Yesterday I was exploring my “always on” devices by unplugging stuff and turning things off and had a question: I understand “Always On” is based on a calculation over time, but why doesn’t it take the minimum of either the calculated value or the current wattage?
Is it a UX reason or a technical one? I would say the current behavior is a little confusing. My always on started at like 115W or something and then slowly fell to 85W even though the actual usage reached lower than that.
@ramon, the reason is definitely not UX-related… It’s all about how do you really measure the amount to power in your house that is “Always On”. A couple of prerequisites:
It has to be a 24 or even better 48 hour measure measure to catch the quietest times in your house. The quietist time are the times you are likely to see the remaining Always On level. Therefore, Always On is related to the lowest measurements over a 24-48 hour period.
But you don’t want the Always On number to drop wildly for 48 hours, just because Sense dropped a couple measurements, or you flipped-off some breakers for a couple of minutes, so it can’t just be a rolling minimum for the past 48 hours. So Sense included a stickiness factor by using the 1% bin minimum over the past 48 hours. That means Sense uses the biggest of the smallest 1% of the readings over the the last 48 hours.
Some people don’t like that measure, but having seen it evolve through a few iterations, this is the best algorithm I have seen yet to get at a value you can’t measure directly.
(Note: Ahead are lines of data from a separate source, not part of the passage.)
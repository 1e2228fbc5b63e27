-- ===== src/Media/Engine.antt =====
-- src/media/media-engine.ts. An `await` cuts a method in two: `begin_session` is what
-- `startSession` does up to the connection of the voice provider, `finish_session` what it does
-- after. What a socket, the system's ports, a provider and `Math.random` answer are arguments.
-- A socket's port stands for the socket.
pub mod Ports
pub mod Queue
pub mod Pacing
pub mod Sessions
use textbee_gateway.Prelude.{
  ℕ, zero, suc, ◌+◌, ◌-◌, ◌/◌, ◌%◌, ◌^◌, Bool, true, false, not, ◌||◌, Option, none, some, String,
  List, [], ◌∷◌, ◌++◌, Result, ok, err, length, drop, ltb, ◌==◌, ◌===◌, if◌then◌else◌, or_default,
}
use textbee_gateway.JsMap.{JsMap, get, set, delete, has, keys}
use textbee_gateway.Media.Bytes.{Buffer}
use textbee_gateway.Media.Rtp.{
  RtpPacket, parse_rtp_packet, build_rtp_packet, chunk_into_frames, samples_per_20ms,
  pcmu_payload_type,
}

abbrev pub max_outbound_frames : ℕ
max_outbound_frames = 500

pub record MediaSession : Type 0 where
  pub call_id : String
  pub local_port : ℕ
  pub remote_addr : Option String
  pub remote_port : Option ℕ
  pub ssrc : ℕ
  pub seq : ℕ
  pub timestamp : ℕ
  pub outbound_queue : List Buffer

pub record MediaEngine : Type 0 where
  pub sessions : JsMap MediaSession
  pub local_host : String
  pub port_range_start : ℕ
  pub port_range_end : ℕ
  pub next_port : ℕ

pub record MediaEngineOptions : Type 0 where
  pub local_host : Option String
  pub port_range_start : Option ℕ
  pub port_range_end : Option ℕ

unfoldable pub create : MediaEngineOptions → MediaEngine
create opts = record {
  sessions = [];
  local_host = or_default opts.local_host "127.0.0.1";
  port_range_start = or_default opts.port_range_start 40000;
  port_range_end = or_default opts.port_range_end 40200;
  next_port = or_default opts.port_range_start 40000;
}

pub data MediaError : Type 0 where
  already_active : String → MediaError
  no_available_port : MediaError
  connect_failed : MediaError

unfoldable pub after_port : ℕ → ℕ → ℕ → ℕ
after_port first last port = if ltb last (port + 2) then first else port + 2

-- The loop of `bindAvailablePort`: the port that was bound, and the next port to try. `free` says
-- of a port whether the system lets it be bound.
unfoldable pub bind_loop : (ℕ → Bool) → ℕ → ℕ → ℕ → ℕ → Option ℕ × ℕ
bind_loop free first last zero port = (none, port)
bind_loop free first last (suc attempts) port =
    let retry = bind_loop free first last attempts (after_port first last port) in
    if free port then (some port, after_port first last port) else retry

unfoldable pub bind_available_port : (ℕ → Bool) → MediaEngine → Option ℕ × MediaEngine
unfolding bind_loop
bind_available_port free e =
    let (port, next) =
      bind_loop free e.port_range_start e.port_range_end
        ((e.port_range_end - e.port_range_start) / 2 + 1) e.next_port in
    (port, record e { next_port = next })

opened : Option ℕ × MediaEngine → Result MediaError ℕ × MediaEngine
opened (none, e) = (err no_available_port, e)
opened (some port, e) = (ok port, e)

-- `startSession` up to `await provider.connect`.
unfoldable pub begin_session : (ℕ → Bool) → String → MediaEngine → Result MediaError ℕ × MediaEngine
unfolding bind_available_port has opened
begin_session free call_id e =
    if has call_id e.sessions
    then (err (already_active call_id), e)
    else opened (bind_available_port free e)

-- The three random starting values.
pub record Randoms : Type 0 where
  pub ssrc : ℕ
  pub seq : ℕ
  pub timestamp : ℕ

abbrev pub fresh_session : String → ℕ → Randoms → MediaSession
fresh_session call_id port r = record {
  call_id = call_id;
  local_port = port;
  remote_addr = none;
  remote_port = none;
  ssrc = r.ssrc;
  seq = r.seq;
  timestamp = r.timestamp;
  outbound_queue = [];
}

-- `startSession` from there on: a failed connection closes the socket and is thrown again.
unfoldable pub finish_session :
    Bool → Randoms → String → ℕ → MediaEngine → Result MediaError (String × ℕ) × MediaEngine
finish_session connected r call_id port e =
    if connected
    then (
      ok (e.local_host, port),
      record e { sessions = set call_id (fresh_session call_id port r) e.sessions },
    )
    else (err connect_failed, e)

finish_if :
    Bool
    → Randoms
    → String
    → Result MediaError ℕ × MediaEngine
    → Result MediaError (String × ℕ) × MediaEngine
unfolding finish_session
finish_if connected r call_id (ok port, e) = finish_session connected r call_id port e
finish_if connected r call_id (err x, e) = (err x, e)

-- `startSession` with nothing else in between.
unfoldable pub start_session :
    (ℕ → Bool)
    → Bool
    → Randoms
    → String
    → MediaEngine
    → Result MediaError (String × ℕ) × MediaEngine
unfolding begin_session finish_if
start_session free connected r call_id e =
    finish_if connected r call_id (begin_session free call_id e)

-- `stopSession`, with the port of the socket that it closes.
unfoldable pub stop_session : String → MediaEngine → Option ℕ × MediaEngine
stop_session call_id e = elim (get call_id e.sessions) [
  | none ↦ (none, e)
  | some s ↦ (some s.local_port, record e { sessions = delete call_id e.sessions })
]

stop_all : List String → MediaEngine → List (Option ℕ) × MediaEngine
unfolding stop_session
stop_all [] e = ([], e)
stop_all (call_id ∷ call_ids) e =
    let (closed, e1) = stop_session call_id e in
    let (rest, e2) = stop_all call_ids e1 in (closed ∷ rest, e2)

-- The synchronous parts of `stopSession`, one for each key, come before any provider has closed.
unfoldable pub shutdown : MediaEngine → List (Option ℕ) × MediaEngine
unfolding stop_all
shutdown e = stop_all (keys e.sessions) e

unfoldable pub is_active : String → MediaEngine → Bool
unfolding has
is_active call_id e = has call_id e.sessions

-- What is handed to the provider of a datagram: nothing, if it is no packet or has no payload.
heard : Option RtpPacket → Option Buffer
heard none = none
heard (some packet) = if length packet.payload == 0 then none else some packet.payload

-- The socket's "message" handler.
unfoldable pub on_datagram : String → ℕ → Buffer → MediaSession → MediaSession × Option Buffer
unfolding heard
on_datagram address port msg s =
    (record s { remote_addr = some address; remote_port = some port }, heard (parse_rtp_packet msg))

-- `splice(0, length - MAX_OUTBOUND_FRAMES)` where the queue is too long.
unfoldable pub trim_queue : List Buffer → List Buffer
trim_queue queue =
    if ltb max_outbound_frames (length queue)
    then drop (length queue - max_outbound_frames) queue
    else queue

-- The provider's audio callback.
unfoldable pub on_audio_delta : Buffer → MediaSession → MediaSession
unfolding trim_queue
on_audio_delta buf s = record s {
  outbound_queue = trim_queue (s.outbound_queue ++ chunk_into_frames buf samples_per_20ms);
}

pub record Sent : Type 0 where
  pub packet : Buffer
  pub port : ℕ
  pub address : String

-- `!session.remoteAddr || !session.remotePort`, where an empty text and port 0 are false too.
unfoldable pub destination : Option String → Option ℕ → Option (String × ℕ)
destination none port = none
destination (some address) none = none
destination (some address) (some port) =
    if (address === "") || (port == 0) then none else some (address, port)

sent_to : String × ℕ → Option Buffer → Option Sent
sent_to to none = none
sent_to (address, port) (some packet) =
    some (record { packet = packet; port = port; address = address })

advanced : List Buffer → MediaSession → MediaSession
advanced rest s = record s {
  outbound_queue = rest;
  seq = s.seq + 1;
  timestamp = (s.timestamp + samples_per_20ms) % 2 ^ 32;
}

-- The frame at the head of the queue is shifted out, sent, and counted.
send_frame : String × ℕ → List Buffer → MediaSession → MediaSession × Option Sent
unfolding sent_to advanced
send_frame to [] s = (s, none)
send_frame to (frame ∷ rest) s =
    if length frame == 0 then (record s { outbound_queue = rest }, none) else (
      advanced rest s,
      sent_to to (
          build_rtp_packet (record {
            sequence_number = s.seq;
            timestamp = s.timestamp;
            ssrc = s.ssrc;
            payload = frame;
            marker = false;
            payload_type = pcmu_payload_type;
          })),
    )

flush_to : Option (String × ℕ) → MediaSession → MediaSession × Option Sent
unfolding send_frame
flush_to none s = (s, none)
flush_to (some to) s = send_frame to s.outbound_queue s

-- `flushOneFrame` on a session that is there.
unfoldable pub flush_one_frame : MediaSession → MediaSession × Option Sent
unfolding flush_to destination
flush_one_frame s = flush_to (destination s.remote_addr s.remote_port) s

flushed : String → MediaEngine → MediaSession × Option Sent → MediaEngine × Option Sent
flushed call_id e (s, sent) = (record e { sessions = set call_id s e.sessions }, sent)

-- `flushOneFrame`: the session that the map holds under the call is changed in place.
unfoldable pub flush_call : String → MediaEngine → MediaEngine × Option Sent
unfolding flush_one_frame flushed
flush_call call_id e = elim (get call_id e.sessions) [
  | none ↦ (e, none)
  | some s ↦ flushed call_id e (flush_one_frame s)
]

-- What happens to a running session, in the order in which the event loop handles it.
pub data MediaInput : Type 0 where
  datagram : String → ℕ → Buffer → MediaInput
  audio_delta : Buffer → MediaInput
  pace_timer : MediaInput

unfoldable pub media_step : MediaInput → MediaSession → MediaSession × Option Sent
unfolding on_datagram on_audio_delta flush_one_frame
media_step (datagram address port msg) s = ((on_datagram address port msg s).0, none)
media_step (audio_delta buf) s = (on_audio_delta buf s, none)
media_step pace_timer s = flush_one_frame s

collect : Option Sent → List Sent → List Sent
collect none out = out
collect (some p) out = p ∷ out

-- The session after a sequence of inputs, and the packets that it sent, in order.
unfoldable pub media_run : List MediaInput → MediaSession → MediaSession × List Sent
unfolding collect
media_run [] s = (s, [])
media_run (i ∷ is) s =
    let (s', sent) = media_step i s in let (end, out) = media_run is s' in (end, collect sent out)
Thanks, Kevin! However, this sounds to me like it’s absolutely about UX. Measuring what’s “Always On” could just be a simple min over time, but like you said, this could potentially be misleading for temporary drops depending on the user.
For me personally, I would want it to drop immediately if I flipped a breaker and then gradually rise again over some “short” period of time. That is reasonable to me. I wouldn’t want it to drop though if Sense missed a measurement. It should be able to differentiate between the absence of a value and a value of 0.
I guess I wouldn’t even have this confusion if it was called “Usually On” instead of “Always On”…not that I actually want that. Just trying to understand the rationale behind the current behavior.
For the screenshot above, I suppose my ideal behavior would be to drop to 73W and then follow the current wattage until it climbs back up to 86W (or whatever the calculated Always On was at that time) and then display that instead.
I’ve harped about it elsewhere, but the particular “unique” nature of a fridge/freezer’s Always On is informative here and worth pondering.
There’s no currently feasible absolute Always On but one can imagine a fully device-tracking Sense & cloud with the user capability of being able to display for any given time period the actual Always On for that period … but pondering that you also arrive at thinking you’d also need, say, a slider from 0-100% of “Always”.
The Always On measurement necessarily evolves with the improving capabilities of Sense and the confidences that AO is based upon.
My take… Don’t use the Always On on bubble for whatever you are trying to do. Use the Power Meter if you want to see any change in real-time. I think that is one of the reasons Sense has pushed the Power Meter more to the forefront with this latest new release - it’s the best tool for real-time diagnostics of what is going on in your house.